**TASK STATEMENT**. Tell me how many lines of the entries below include the string "Type", and give only the number.

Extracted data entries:
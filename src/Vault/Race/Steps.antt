-- ===== src/Vault/Race/Steps.antt =====
-- The steps of a session among the sessions of its vault.
use touchvault.Base.{
  ℕ, zero, suc, Bytes, some, none, List, [], ◌∷◌, ◌≡◌, refl, arith, ap, Option-cases, inl, inr, nth,
}
use touchvault.Errors.{Result, ok}
use touchvault.Effects.Programs.{Prog, done, tick, ◌>>=◌}
use touchvault.Platform.{Platform}
use touchvault.Threads.Paused.{peel}
use touchvault.Vault.Session.{Machine}
use touchvault.Vault.Shared.{Shared, set_nth}
use touchvault.Vault.Race.{in_session, data_key_of, machine_of, put_back}

-- What follows a result.
pub done-bind :
    {S A B : Type 0} (r : Result A) (g : A → Prog S B) (a : A) → r ≡ ok a → (done r >>= g) ≡ g a
unfolding ◌>>=◌
done-bind r g a e = ap (λ (x : Result _). done x >>= g) e

pub set_nth-same : (n : ℕ) (ks : List Bytes) (d : Bytes) → nth n ks ≡ some d → set_nth n d ks ≡ ks
unfolding nth set_nth
set_nth-same n [] d e = refl
set_nth-same zero (k ∷ ks) d e = ground (arith)
set_nth-same (suc n) (k ∷ ks) d e = ap (λ (l : List Bytes). k ∷ l) (set_nth-same n ks d e)

pub set_nth-missing : (n : ℕ) (ks : List Bytes) (d : Bytes) → nth n ks ≡ none → set_nth n d ks ≡ ks
unfolding nth set_nth
set_nth-missing n [] d e = refl
set_nth-missing zero (k ∷ ks) d e = absurd (ground (arith))
set_nth-missing (suc n) (k ∷ ks) d e = ap (λ (l : List Bytes). k ∷ l) (set_nth-missing n ks d e)

module _ (P : Platform) where
  -- A session that was only read leaves the vault as it was.
  pub put_back-same : (n : ℕ) (st : Shared P) → put_back P n (machine_of P n st) st ≡ st
  unfolding data_key_of
  put_back-same n st = elim (Option-cases (nth n st.data_keys)) [
    | inl missing ↦ ground (arith, set_nth-missing n st.data_keys [] missing)
    | inr (d, found) ↦ ground (arith, set_nth-same n st.data_keys d found)
  ]

  -- A step that only reads.
  pub peel-reads :
      {A : Type 0} (n m : ℕ) (k : Machine P → Prog (Machine P) A) (st : Shared P)
      → peel (suc n) (in_session P m (tick (λ s. s) k)) st
        ≡ peel n (in_session P m (k (machine_of P m st))) st
  unfolding peel in_session
  peel-reads n m k st =
      ap (λ (t : Shared P). peel n (in_session P m (k (machine_of P m st))) t) (put_back-same m st)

**FINAL ANSWER**. 2